La prima volta che ho letto Ghiaccio-Nove (Cat’s Cradle, 1963) ho pensato che qualcuno mi stesse prendendo in giro. Era troppo assurdo, troppo lucido, troppo perfetto nella sua follia. Poi ho capito: ero finita nelle mani di Kurt Vonnegut, e da lì non si esce più. Leggere questo libro è come sorridere mentre precipiti: ti rendi conto troppo tardi che non stavi ridendo, stavi capendo. Vonnegut non scrive romanzi. Costruisce trappole morali mascherate da satira. In Ghiaccio-Nove, l’apocalisse non arriva per colpa di un meteorite o di un’invasione aliena, ma per via dell’idiozia strutturale dell’essere umano. La vera arma di distruzione di massa non è la scienza, è il fatto che ce la mettiamo in tasca senza sapere cosa farne. Anzi: spesso ce la mettiamo in tasca proprio perché non sappiamo cosa farne. E da lì, il disastro.
Il disastro come metafora
Il ghiaccio-nove è una forma modificata dell’acqua, capace di congelare istantaneamente qualsiasi liquido con cui entra in contatto. È il McGuffin perfetto: non ha bisogno di essere spiegato troppo. Esiste, è stato inventato da uno scienziato militare disinteressato, ed è finito nelle mani sbagliate. O forse nelle mani giuste, se vogliamo davvero vedere quanto siamo stupidi quando crediamo di poter gestire ciò che non comprendiamo.
La trama, più o meno
Il narratore è un aspirante biografo che vuole scrivere un libro su ciò che facevano gli scienziati il giorno in cui fu sganciata la bomba atomica su Hiroshima. Seguendo le tracce del dottor Felix Hoenikker – mente brillante e sociopatica, considerato uno dei padri della bomba – il protagonista si ritrova invischiato in un viaggio grottesco e visionario, che lo porta fino all’isola caraibica di San Lorenzo. Qui incrocia una dittatura da operetta, una religione completamente inventata (e dichiaratamente falsa), e soprattutto i tre figli di Hoenikker, ognuno portatore di un frammento dell’eredità più pericolosa mai concepita: il ghiaccio-nove.

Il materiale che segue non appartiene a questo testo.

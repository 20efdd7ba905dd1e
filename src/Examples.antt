-- ===== src/Examples.antt =====
-- Concrete blueprints and brains, tests by evaluation, and the theorems at concrete inputs.
mod Sample
mod Groups
mod Graphs
mod Brains
mod Histories
mod Lifetimes
mod Faults
mod Caches
mod Unary
mod Json
mod Tables
mod Memories
mod Values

La storia si muove tra satira politica, filosofia da cocktail e assurdità scientifica, con un ritmo che sembra casuale ma è chirurgico. Ogni tappa del viaggio è una messa a nudo del nostro desiderio di credere in qualcosa – qualunque cosa – purché ci distragga dalla realtà. La trama in sé conta fino a un certo punto. Quello che resta addosso è l’abisso raccontato come se fosse una barzelletta ben costruita.
Nessun eroe, nessun conforto
Io sono una fan di Vonnegut, quindi ho cercato redenzione, o almeno un accenno di speranza, da qualche parte nel libro. Non l’ho trovata. Ho trovato invece una messa in scena spietata del fallimento morale collettivo. Ogni personaggio – e sono tanti, e grotteschi, e geniali – rappresenta un pezzetto della macchina rotta che chiamiamo società. Politici corrotti, religioni inventate, scienziati irresponsabili, giornalisti opportunisti, e una costante: l’assoluta, meravigliosa assenza di eroi.

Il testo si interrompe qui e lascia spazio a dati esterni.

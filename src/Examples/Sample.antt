-- ===== src/Examples/Sample.antt =====
-- A blueprint of two neurons: an entry link into the first, a link between them, and an end link
-- from the second.
use rmodel.Blueprint.Brainprint.{Brainprint, new_blueprint}
use rmodel.Blueprint.Brainprint.Edit.{
  add_end_link_from, add_entry_link_to, add_link, add_neuron_with_processor, put_neuron,
}
use rmodel.Blueprint.Graph.Built.{
  Built, started, with_end_link, with_entry_link, with_link, with_neuron,
}
use rmodel.Blueprint.Link.{Link, new_end_link, new_entry_link, new_link}
use rmodel.Blueprint.Neuron.{CastGroups, Neuron, TriggerGroups, new_end_neuron, new_neuron}
use rmodel.Blueprint.Neuron.Groups.{add_in_link, add_out_link, ensure_group, join_group}
use rmodel.Core.{
  Processor, default_cast_group_name, default_selector, empty_processor, end_neuron_id,
  entry_link_from, func_processor,
}
use rmodel.Errors.{ok}
use rmodel.Shared.{String, [], arith, eq_iff, none, refl, some, ◌∷◌}
use rmodel.Shared.Maps.{Map, insert, lookup}
use rmodel.Blueprint.Neuron.Groups
use rmodel.Blueprint.Link

abbrev pub sample_neuron : String → Processor → TriggerGroups → CastGroups → Neuron
sample_neuron id p triggers casts = record {
  id = id;
  labels = [];
  processor = p;
  trigger_groups = triggers;
  cast_groups = some casts;
  selector = some default_selector;
}

abbrev pub default_cast : String → CastGroups
default_cast x = (default_cast_group_name, (x, tt) ∷ []) ∷ []

abbrev pub sample_link : String → String → String → Link
sample_link id src dest = record { id = id; labels = []; src = src; dest = dest }

abbrev pub with_graph : Map Neuron → Map Link → Brainprint
with_graph neurons links = record { id = "bp"; labels = []; neurons = neurons; links = links }

abbrev pub two_neurons : Brainprint
two_neurons =
    with_graph
      (("n1", sample_neuron "n1" (func_processor "llm") [] [])
        ∷ ("n2", sample_neuron "n2" (func_processor "tools") [] [])
        ∷ [])
      []

abbrev pub linked : Brainprint
linked =
    with_graph
      (("n1", sample_neuron "n1" (func_processor "llm") [] (default_cast "l1"))
        ∷ ("n2", sample_neuron "n2" (func_processor "tools") (("g1", "l1" ∷ []) ∷ []) [])
        ∷ [])
      (("l1", sample_link "l1" "n1" "n2") ∷ [])

abbrev pub with_entry : Brainprint
with_entry =
    with_graph
      ((
        "n1",
        sample_neuron "n1" (func_processor "llm") (("g2", "l2" ∷ []) ∷ []) (default_cast "l1"),
      )
        ∷ ("n2", sample_neuron "n2" (func_processor "tools") (("g1", "l1" ∷ []) ∷ []) [])
        ∷ [])
      (("l1", sample_link "l1" "n1" "n2") ∷ ("l2", sample_link "l2" entry_link_from "n1") ∷ [])

abbrev pub complete : Brainprint
complete =
    with_graph
      ((
        "n1",
        sample_neuron "n1" (func_processor "llm") (("g2", "l2" ∷ []) ∷ []) (default_cast "l1"),
      )
        ∷ (
          "n2",
          sample_neuron "n2" (func_processor "tools") (("g1", "l1" ∷ []) ∷ []) (default_cast "l3"),
        )
        ∷ (
          end_neuron_id,
          record {
            id = end_neuron_id;
            labels = [];
            processor = empty_processor;
            trigger_groups = ("g3", "l3" ∷ []) ∷ [];
            cast_groups = none;
            selector = none;
          },
        )
        ∷ [])
      (("l1", sample_link "l1" "n1" "n2")
        ∷ ("l2", sample_link "l2" entry_link_from "n1")
        ∷ ("l3", sample_link "l3" "n2" end_neuron_id)
        ∷ [])

pub two_neurons-Built : Built two_neurons
unfolding add_neuron_with_processor new_blueprint put_neuron insert lookup new_neuron
    Groups.apply_all
two_neurons-Built =
    with_neuron
      (with_neuron (started "bp") "n1" (func_processor "llm") [] refl
        (λ p. ground (arith, p, eq_iff "n1" entry_link_from)))
      "n2" (func_processor "tools") [] refl (λ p. ground (arith, p, eq_iff "n2" entry_link_from))

pub linked-Built : Built linked
unfolding add_link Link.new_link insert lookup Groups.add_out_link Link.apply_all Groups.join_group
    Groups.add_in_link Groups.ensure_group
linked-Built =
    with_link two_neurons-Built "l1" "g1" "n1" "n2" [] (ok (sample_link "l1" "n1" "n2")) refl
      (λ n e. ground arith) refl

pub with_entry-Built : Built with_entry
unfolding add_entry_link_to Link.new_entry_link insert lookup Link.apply_all Groups.add_in_link
with_entry-Built = with_entry_link linked-Built "l2" "g2" "n1" [] refl (λ n e. ground arith)

pub complete-Built : Built complete
unfolding add_end_link_from Link.new_end_link new_end_neuron insert lookup Groups.add_out_link
    Link.apply_all Groups.join_group Groups.add_in_link Groups.ensure_group
complete-Built =
    with_end_link with_entry-Built "l3" "g3" "n2" [] (ok (sample_link "l3" "n2" end_neuron_id)) refl
      (λ n e. ground arith) refl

Il ghigno di chi ha capito troppo
Vonnegut scrive come se stesse cercando di spiegarti qualcosa mentre sta già ridendo della tua espressione. È pacifista, ma non predica mai. Ti mostra solo il meccanismo, lo accende, e ti chiede: ora che lo vedi funzionare, che intenzioni hai? Lo spegni, o ci balli intorno?
Ghiaccio-Nove è anche questo: un esercizio crudele di specchio. Non salva nessuno, perché forse non c’è più niente da salvare. Ma non è cinico: è lucidamente umano. Ti dice che finiremo male, sì, ma con stile. Con una risata secca in gola. Con un Dio che non c’è, un’etica che si dissolve e una fisica che vince sull’anima.
Manuale per capire il secolo
Anni fa, forse una trentina, lo lessi in una notte. Non per fame, ma per necessità. Dovevo arrivare in fondo per sapere se davvero tutto andava in pezzi, se c’era almeno un angolo di consolazione. Non c’era. Solo la bellezza della catastrofe raccontata con intelligenza, la precisione spietata di un autore che non ha bisogno di commuoverti per lasciarti in silenzio.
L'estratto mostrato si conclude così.